Nesta mesma linha, Maurício Siqueira Franco, presidente da Associação Brasileira de Fabricantes e Importadores de Ciclomotores e Similares (Abrafics), reforçou que a meta de descarbonização está sendo implementada gradativamente em grandes cidades mundiais e no Brasil. Uma das maiores dificuldades ainda é a de ordem burocrática, com relação à aquisição de documentação e o licenciamento de veículos como scooters e bicicletas elétricas.

Rota 2030

No ano passado entrou em vigor o programa Rota 2030, um conjunto de diretrizes do governo federal para a indústria automobilística na próxima década. Paulo Alvim, secretário de Empreendedorismo e Inovação do Ministério da Ciência e Tecnologia, expôs que já estabelece o incentivo a elétricos e híbridos, ao etanol e aos carros flex.

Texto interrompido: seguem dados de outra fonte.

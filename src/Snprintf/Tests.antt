-- ===== src/Snprintf/Tests.antt =====
-- Formatting into a buffer at concrete inputs.
use doomkernel.Prelude.{ℕ, ◌-◌, ◌^◌, ◌≡◌, refl, false, Option, none, some, List, [], ◌∷◌, arith}
use doomkernel.Prelude.Int.{ℤ, pos, negsuc}
use doomkernel.Memory.{Memory}
use doomkernel.Fs.Image.{Held}
use doomkernel.Printf.{Arg, word, text}
use doomkernel.Printf.Render.{snprintf_convert, render}
use doomkernel.Snprintf.Rounds.{Safe, Within}
use doomkernel.Snprintf.Safety.{snprintf-Safe}
use doomkernel.Snprintf.Equivalence.{snprintf-render}
use doomkernel.Snprintf.{narrow, as_int, Answer, answer, snprintf}

abbrev blank : Memory
blank = λ b. 7

-- "<%s>%c"
abbrev format : List ℕ
format = b'<' ∷ b'%' ∷ b's' ∷ b'>' ∷ b'%' ∷ b'c' ∷ []

abbrev args : List Arg
args = text (b'a' ∷ b'b' ∷ []) ∷ word b'!' ∷ []

-- "<ab>!"
abbrev out : List ℕ
out = b'<' ∷ b'a' ∷ b'b' ∷ b'>' ∷ b'!' ∷ []

rendered : render snprintf_convert false format args ≡ some out
unfolding render
rendered = refl

abbrev counted : Option Answer → Option ℤ
counted none = none
counted (some (answer m n)) = some n
counted (some other) = none

-- A string that does not fit makes the call fail, and a format that fills the buffer is cut off.
too_long : counted (snprintf blank 100 3 format args) ≡ some (negsuc 0)
unfolding snprintf
too_long = refl

cut_off : counted (snprintf blank 100 3 (b'a' ∷ b'b' ∷ b'c' ∷ []) []) ≡ some (pos 2)
unfolding snprintf
cut_off = refl

snprintf-Safe_example :
    (a : Answer) × (snprintf blank 100 3 format args ≡ some a) × Safe 100 3 blank a
snprintf-Safe_example =
    snprintf-Safe blank 100 3 format args (omega arith) (omega arith) (omega arith)

snprintf-render_example :
    (m' : Memory) × (snprintf blank 100 6 format args ≡ some (answer m' (pos 5)))
    × Held m' 100 (b'<' ∷ b'a' ∷ b'b' ∷ b'>' ∷ b'!' ∷ 0 ∷ [])
    × Within 100 6 blank m'
snprintf-render_example =
    snprintf-render blank 100 6 format args out rendered (omega arith) (omega arith) (omega arith)

-- The count of a text of 2^31 bytes is negative as an `int`.
wraps : as_int (narrow (2 ^ 31)) ≡ negsuc (2 ^ 31 - 1)
unfolding narrow as_int
wraps = refl
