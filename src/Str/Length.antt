-- ===== src/Str/Length.antt =====
-- libc/string/strlen.c
use doomkernel.Prelude.{ℕ, zero, suc, ◌+◌, ◌≤◌, ◌<◌, ◌≡◌, ◌≢◌, some, arith, ℕ_discrete}
use doomkernel.Memory.{Memory, load8}
use doomkernel.Str.{strlen_loop, strlen}

-- a C string of `n` bytes stands at `str`: none of them is NUL, and a NUL follows
pub record IsString (m : Memory) (str n : ℕ) : Type 0 where
  pub body : (j : ℕ) → j < n → load8 m (str + j) ≢ 0
  pub end : load8 m (str + n) ≡ 0

strlen_loop_lem :
    (fuel i : ℕ) {n : ℕ} (m : Memory) (str : ℕ)
    → IsString m str n
    → i ≤ n
    → n < fuel + i
    → strlen_loop fuel i m str ≡ some n
unfolding strlen_loop
strlen_loop_lem zero i m str s p q = absurd (omega arith)
strlen_loop_lem (suc fuel) i {n} m str s p q = elim (ℕ_discrete i n) [
  | yes e ↦ ground (arith, s.end)
  | no ne ↦
      ground (arith, s.body i, strlen_loop_lem fuel (i + 1) m str s (omega arith) (omega arith))
]

-- On a C string of `n` bytes, with more rounds than its length, `strlen` ends and returns `n`.
pub strlen_lem :
    (fuel : ℕ) (m : Memory) (str n : ℕ) → IsString m str n → n < fuel → strlen fuel m str ≡ some n
unfolding strlen
strlen_lem fuel m str n s h = strlen_loop_lem fuel 0 m str s (omega arith) (omega arith)
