-- ===== src/Str/Tests.antt =====
-- Runs of the functions of libc/string, and the theorems at concrete memories.
use doomkernel.Prelude.{
  ℕ, ◌+◌, ◌≤◌, ◌<◌, ◌≡◌, ◌⊎◌, ◌↔◌, refl, some, arith, ◌&&◌, leb, ltb, if◌then◌else◌,
}
use doomkernel.Prelude.Int.{pos}
use doomkernel.Memory.{Memory, load8, store8}
use doomkernel.Str.{memmove, memcmp, memcmp_loop, strlen, strlen_loop, copy_up, copy_down}
use doomkernel.Str.Copy.{memmove_lem}
use doomkernel.Str.Compare.{memcmp-zero_iff}
use doomkernel.Str.Length.{IsString}

-- every byte holds the low byte of its address
abbrev counting : Memory
counting = λ a. a

-- "abc" at 16
abbrev text : Memory
text = λ a. if leb 16 a && ltb a 19 then a + 81 else 0

text-IsString : IsString text 16 3
unfolding load8
text-IsString = record { body = λ j p. ground arith; end = ground arith }

abbrev overlap : Memory
overlap = memmove counting 5 3 4

overlap_bytes : load8 overlap 8 ≡ 6
unfolding load8 memmove copy_up copy_down store8
overlap_bytes = refl

length_runs : strlen 8 text 16 ≡ some 3
unfolding load8 strlen strlen_loop
length_runs = refl

compare_runs : memcmp counting 5 3 4 ≡ pos 1
unfolding load8 memcmp memcmp_loop
compare_runs = refl

memmove_lem_example :
    ((j : ℕ) → j < 4 → load8 (memmove counting 5 3 4) (5 + j) ≡ load8 counting (3 + j))
    × ((b : ℕ) → (b < 5) ⊎ (5 + 4 ≤ b) → memmove counting 5 3 4 b ≡ counting b)
memmove_lem_example = memmove_lem counting 5 3 4

memcmp-zero_iff_example :
    (memcmp counting 5 261 4 ≡ pos 0)
    ↔ ((j : ℕ) → j < 4 → load8 counting (5 + j) ≡ load8 counting (261 + j))
memcmp-zero_iff_example = memcmp-zero_iff counting 5 261 4
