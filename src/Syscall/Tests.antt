-- ===== src/Syscall/Tests.antt =====
-- System calls at concrete frames.
use doomkernel.Prelude.{◌-◌, ◌^◌, ◌≡◌, refl, [], arith}
use doomkernel.Frame.{Frame, zero_frame}
use doomkernel.Syscall.{syscall_num, is_outside, write_syscall, syscall_handler}
use doomkernel.Syscall.Write.{Served, syscall_handler_lem}

-- a write whose end would wrap past 64 bits
abbrev wraps : Frame
wraps = record zero_frame { rax = 1; rdi = 0x400000; rsi = 2 ^ 64 - 16 }

wraps_refused :
    ((syscall_handler 0 7 8 wraps).0.rax ≡ 2 ^ 64 - 1) × ((syscall_handler 0 7 8 wraps).1 ≡ [])
unfolding syscall_handler syscall_num write_syscall is_outside
wraps_refused = (refl, refl)

syscall_handler_lem_example :
    Served 0 7 8 wraps (syscall_handler 0 7 8 wraps).0 (syscall_handler 0 7 8 wraps).1
syscall_handler_lem_example = syscall_handler_lem 0 7 8 wraps (omega arith)
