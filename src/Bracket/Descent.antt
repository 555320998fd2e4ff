-- ===== src/Bracket/Descent.antt =====
-- The middle of the bracket is at most the value at the lower end that `bracket` is given.
use potfit.Base.{ℕ, zero, suc, ◌≡◌, refl, ltb, Bool-cases, inl, inr, ◌==◌}
use potfit.Base.Double.{Double}
use potfit.Base.Order.{IsTransitive, IsTotal, Down, Down-le}
use potfit.Bracket.Buffers.{Buffer}
use potfit.Bracket.{
  State, Found, found, Round, success, continue, evaluate_left, evaluate_right, go_left, go_right,
  round, rounds, begin, bracket, result,
}

module _ {W V : Type 0} ⦃d : Double W⦄ (o : IsTransitive d) (calc_forces : W → W × V) where
  abbrev Lower : Round W V → W → Type 0
  Lower r f₀ = elim r [ success ↦ Unit | continue t ↦ Down o t.f_center f₀ ]

  -- The center changes only to an end with a lower value.
  round-Lower : (s : State W V) (f₀ : W) → Down o s.f_center f₀ → Lower (round calc_forces s) f₀
  unfolding round go_left go_right evaluate_left evaluate_right
  round-Lower s f₀ h = elim (Bool-cases (d.lt s.f_center s.f_left)) [
    | inl a ↦ elim (Bool-cases (d.lt s.f_center s.f_right)) [
      | inl b ↦ rw (a, b, round) tt
      | inr b ↦ elim (Bool-cases (d.lt s.f_right s.f_center)) [
        | inl c ↦ rw (a, b, c, round) (Down-le o s.f_right s.f_center f₀ (o.le_of_lt _ _ c) h)
        | inr c ↦ rw (a, b, c, round) h
      ]
    ]
    | inr a ↦ elim (Bool-cases (d.lt s.f_left s.f_center)) [
      | inl b ↦ rw (a, b, round) (Down-le o s.f_left s.f_center f₀ (o.le_of_lt _ _ b) h)
      | inr b ↦ elim (Bool-cases (d.lt s.f_center s.f_right)) [
        | inl c ↦ rw (a, b, c, round) h
        | inr c ↦ elim (Bool-cases (d.lt s.f_right s.f_center)) [
          | inl e ↦ rw (a, b, c, e, round) (Down-le o s.f_right s.f_center f₀ (o.le_of_lt _ _ e) h)
          | inr e ↦ elim (Bool-cases (s.last == 2)) [
            | inl f ↦ rw (a, b, c, e, f, round) h
            | inr f ↦ rw (a, b, c, e, f, round) h
          ]
        ]
      ]
    ]
  ]

  rounds-Down :
      (fuel : ℕ) (s : State W V) (r : Found W V) (f₀ : W)
      → Down o s.f_center f₀
      → rounds calc_forces fuel s ≡ found r
      → Down o r.f_minimum f₀
  unfolding rounds
  rounds-Down zero s r f₀ h e = cc
  rounds-Down (suc fuel) s r f₀ h e =
      elim (round calc_forces s)
          as (λ k. round calc_forces s ≡ k → Lower k f₀ → Down o r.f_minimum f₀) [
            | success ↦ λ ek l.
                let same : result calc_forces s ≡ r = cc (rw (ek, rounds) at e) in rw (← same) h
            | continue t ↦ λ ek l. elim (Bool-cases (ltb t.nb_eval 100)) [
              | inl more ↦ rounds-Down fuel t r f₀ l (rw (ek, more, rounds) at e)
              | inr stop ↦ cc (rw (ek, stop, rounds) at e)
            ]
          ]
        refl (round-Lower s f₀ h)

  -- On numbers, the middle value that `bracket` returns is at most the value at the lower end that it was
  -- given.
  pub bracket-Down :
      (t : IsTotal d) (x_lower x_upper f_lower f_upper : W) (vec : Buffer → V) (r : Found W V)
      → bracket calc_forces x_lower x_upper f_lower f_upper vec ≡ found r
      → Down o r.f_minimum f_lower
  unfolding bracket begin evaluate_left evaluate_right
  bracket-Down t x_lower x_upper f_lower f_upper vec r e =
      rounds-Down 100 (begin calc_forces x_lower x_upper f_lower f_upper vec) r f_lower
        (elim (Bool-cases (d.le f_lower f_upper)) [
          | inl a ↦ rw (a, begin) (inl refl)
          | inr a ↦ rw (a, begin) (inr (t.le_of_not-le f_lower f_upper a))
        ])
        e
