-- ===== src/Bracket/Tracking.antt =====
-- Behind every round the values and the force vectors belong to the points, whatever the exchanges of
-- pointers.
use potfit.Base.{ℕ, zero, suc, ◌≡◌, ◌≢◌, refl, sym, ◌∙◌, true, ltb, Bool-cases, inl, inr, ◌==◌}
use potfit.Base.Double.{Double, ge}
use potfit.Bracket.Buffers.{Buffer, vec1, vec2, write_self, write_ne}
use potfit.Bracket.{
  State, Found, found, Round, success, continue, evaluate_left, evaluate_right, counted, shift_left,
  shift_right, go_left, go_right, round, rounds, begin, center_lower, center_upper, bracket, result,
}

module _ {W V : Type 0} ⦃d : Double W⦄ (calc_forces : W → W × V) where
  -- The value and the force vector of a point.
  abbrev pub IsAt : W → W → V → Type 0
  IsAt x f v = (f ≡ (calc_forces x).0) × (v ≡ (calc_forces x).1)

  abbrev Apart : Buffer → Buffer → Buffer → Type 0
  Apart p q r = (p ≢ q) × (p ≢ r) × (q ≢ r)

  record IsTracked (s : State W V) : Type 0 where
    apart : Apart s.p_left s.p_center s.p_right
    left : IsAt s.x_left s.f_left (s.vec s.p_left)
    center : IsAt s.x_center s.f_center (s.vec s.p_center)
    right : IsAt s.x_right s.f_right (s.vec s.p_right)

  -- The end that is evaluated next need not belong to its point.
  abbrev LeftOpen : State W V → Type 0
  LeftOpen s =
      Apart s.p_left s.p_center s.p_right
      × IsAt s.x_center s.f_center (s.vec s.p_center)
      × IsAt s.x_right s.f_right (s.vec s.p_right)

  abbrev RightOpen : State W V → Type 0
  RightOpen s =
      Apart s.p_left s.p_center s.p_right
      × IsAt s.x_left s.f_left (s.vec s.p_left)
      × IsAt s.x_center s.f_center (s.vec s.p_center)

  evaluate_left-IsTracked :
      (x : W) (s : State W V) → LeftOpen s → IsTracked (evaluate_left calc_forces x s)
  unfolding evaluate_left
  evaluate_left-IsTracked x s (a, center, right) = record {
    apart = a;
    left = (refl, write_self s.vec s.p_left (calc_forces x).1);
    center = (center.0, write_ne s.vec s.p_left s.p_center (calc_forces x).1 a.0 ∙ center.1);
    right = (right.0, write_ne s.vec s.p_left s.p_right (calc_forces x).1 a.1 ∙ right.1);
  }

  evaluate_right-IsTracked :
      (x : W) (s : State W V) → RightOpen s → IsTracked (evaluate_right calc_forces x s)
  unfolding evaluate_right
  evaluate_right-IsTracked x s (a, left, center) = record {
    apart = a;
    left =
        (left.0, write_ne s.vec s.p_right s.p_left (calc_forces x).1 (λ e. a.1 (sym e)) ∙ left.1);
    center = (
      center.0,
      write_ne s.vec s.p_right s.p_center (calc_forces x).1 (λ e. a.2 (sym e)) ∙ center.1,
    );
    right = (refl, write_self s.vec s.p_right (calc_forces x).1);
  }

  go_right-IsTracked : (s : State W V) → IsTracked s → IsTracked (go_right calc_forces s)
  unfolding go_right
  go_right-IsTracked s t =
      evaluate_right-IsTracked _ (counted calc_forces (shift_right calc_forces s))
        ((t.apart.2, (λ e. t.apart.0 (sym e)), (λ e. t.apart.1 (sym e))), t.center, t.right)

  go_left-IsTracked : (s : State W V) → IsTracked s → IsTracked (go_left calc_forces s)
  unfolding go_left
  go_left-IsTracked s t =
      evaluate_left-IsTracked _ (counted calc_forces (shift_left calc_forces s))
        (((λ e. t.apart.1 (sym e)), (λ e. t.apart.2 (sym e)), t.apart.0), t.left, t.center)

  open_left :
      (s : State W V) (k : ℕ) → IsTracked s → LeftOpen (counted calc_forces (record s { last = k }))
  open_left s k t = (t.apart, t.center, t.right)

  open_right :
      (s : State W V) (k : ℕ)
      → IsTracked s
      → RightOpen (counted calc_forces (record s { last = k }))
  open_right s k t = (t.apart, t.left, t.center)

  -- A round that continues keeps the points tracked, and success means that the center is lowest.
  abbrev Kept : State W V → Round W V → Type 0
  Kept s o = elim o [
    | success ↦ (d.lt s.f_center s.f_left ≡ true) × (d.lt s.f_center s.f_right ≡ true)
    | continue t ↦ IsTracked t
  ]

  round-Kept : (s : State W V) → IsTracked s → Kept s (round calc_forces s)
  unfolding round
  round-Kept s t = elim (Bool-cases (d.lt s.f_center s.f_left)) [
    | inl a ↦ elim (Bool-cases (d.lt s.f_center s.f_right)) [
      | inl b ↦ rw (a, b, round) (a, b)
      | inr b ↦ elim (Bool-cases (d.lt s.f_right s.f_center)) [
        | inl c ↦ rw (a, b, c, round) (go_right-IsTracked s t)
        | inr c ↦
            rw (a, b, c, round)
              (evaluate_right-IsTracked _ (counted calc_forces (record s { last = 1 }))
                (open_right s 1 t))
      ]
    ]
    | inr a ↦ elim (Bool-cases (d.lt s.f_left s.f_center)) [
      | inl b ↦ rw (a, b, round) (go_left-IsTracked s t)
      | inr b ↦ elim (Bool-cases (d.lt s.f_center s.f_right)) [
        | inl c ↦
            rw (a, b, c, round)
              (evaluate_left-IsTracked _ (counted calc_forces (record s { last = 2 }))
                (open_left s 2 t))
        | inr c ↦ elim (Bool-cases (d.lt s.f_right s.f_center)) [
          | inl e ↦ rw (a, b, c, e, round) (go_right-IsTracked s t)
          | inr e ↦ elim (Bool-cases (s.last == 2)) [
            | inl f ↦
                rw (a, b, c, e, f, round)
                  (evaluate_left-IsTracked _ (counted calc_forces (record s { last = 1 }))
                    (open_left s 1 t))
            | inr f ↦
                rw (a, b, c, e, f, round)
                  (evaluate_right-IsTracked _ (counted calc_forces (record s { last = 2 }))
                    (open_right s 2 t))
          ]
        ]
      ]
    ]
  ]

  -- What a caller may rely on: three points with their values, the middle one strictly lowest, and the
  -- force vector of the middle one.
  pub record IsMinimum (r : Found W V) : Type 0 where
    pub lower : r.f_lower ≡ (calc_forces r.x_lower).0
    pub upper : r.f_upper ≡ (calc_forces r.x_upper).0
    pub minimum : IsAt r.x_minimum r.f_minimum r.f_vec1
    pub below_lower : d.lt r.f_minimum r.f_lower ≡ true
    pub below_upper : d.lt r.f_minimum r.f_upper ≡ true

  rounds-IsMinimum :
      (fuel : ℕ) (s : State W V) (r : Found W V)
      → IsTracked s
      → rounds calc_forces fuel s ≡ found r
      → IsMinimum r
  unfolding rounds
  rounds-IsMinimum zero s r t e = cc
  rounds-IsMinimum (suc fuel) s r t e =
      elim (round calc_forces s) as (λ o. round calc_forces s ≡ o → Kept s o → IsMinimum r) [
        | success ↦ λ eo k.
            let same : result calc_forces s ≡ r = cc (rw (eo, rounds) at e) in
            rw (← same) record {
              lower = t.left.0;
              upper = t.right.0;
              minimum = t.center;
              below_lower = k.0;
              below_upper = k.1;
            }
        | continue u ↦ λ eo k. elim (Bool-cases (ltb u.nb_eval 100)) [
          | inl more ↦ rounds-IsMinimum fuel u r k (rw (eo, more, rounds) at e)
          | inr stop ↦ cc (rw (eo, stop, rounds) at e)
        ]
      ]
        refl (round-Kept s t)

  module _ (x_lower x_upper f_lower f_upper : W) (vec : Buffer → V)
      (lower : IsAt x_lower f_lower (vec vec1)) (upper : IsAt x_upper f_upper (vec vec2)) where
    begin-IsTracked : IsTracked (begin calc_forces x_lower x_upper f_lower f_upper vec)
    unfolding begin
    begin-IsTracked = elim (Bool-cases (ge f_upper f_lower)) [
      | inl t ↦
          rw (t, begin)
            (evaluate_left-IsTracked _
              (counted calc_forces (center_lower calc_forces x_lower x_upper f_lower f_upper vec))
              (((λ e. cc), (λ e. cc), (λ e. cc)), lower, upper))
      | inr f ↦
          rw (f, begin)
            (evaluate_right-IsTracked _
              (counted calc_forces (center_upper calc_forces x_lower x_upper f_lower f_upper vec))
              (((λ e. cc), (λ e. cc), (λ e. cc)), lower, upper))
    ]

    -- If `bracket` is called with two points, their values and their force vectors in `f_vec1` and
    -- `f_vec2`, and returns, then the three values that it returns belong to the three points, the
    -- middle value is less than the two others, and `f_vec1` holds the forces of the middle point.
    pub bracket-IsMinimum :
        (r : Found W V)
        → bracket calc_forces x_lower x_upper f_lower f_upper vec ≡ found r
        → IsMinimum r
    unfolding bracket
    bracket-IsMinimum r =
        rounds-IsMinimum 100 (begin calc_forces x_lower x_upper f_lower f_upper vec) r
          begin-IsTracked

Para José Mauro Coelho, diretor de Estudos do Petróleo, Gás e Biocombustíveis da Empresa de Pesquisa Energética (EPE), vinculada ao Ministério de Minas e Energia, a mudança para um modelo de baixo carbono é mais do que uma opção política, é uma necessidade, devido às mudanças climáticas, aos avanços tecnológicos, como também da incerteza nos preços do petróleo, além das tensões geopolíticas e a conscientização social com a questão ambiental. O investimento em elétricos e híbridos, em sua avaliação, deve crescer principalmente em serviços de entregas e aplicativos de compartilhamento e no serviço público.

Diferentes cenários

O engenheiro químico Alexandre Szklo, professor associado do Programa de Planejamento Energético do Instituto Alberto Luiz Coimbra de Pós-Graduação e Pesquisa de Engenharia (COPPE), da Universidade Federal do Rio de Janeiro (UFRJ), ouvido pela 350.org Brasil, explica que é preciso compreender que a eletricidade tem de ser gerada por uma fonte e este é um elemento que não pode ser descartado na relação de custo-benefício, apesar de o motor elétrico não emitir poluentes.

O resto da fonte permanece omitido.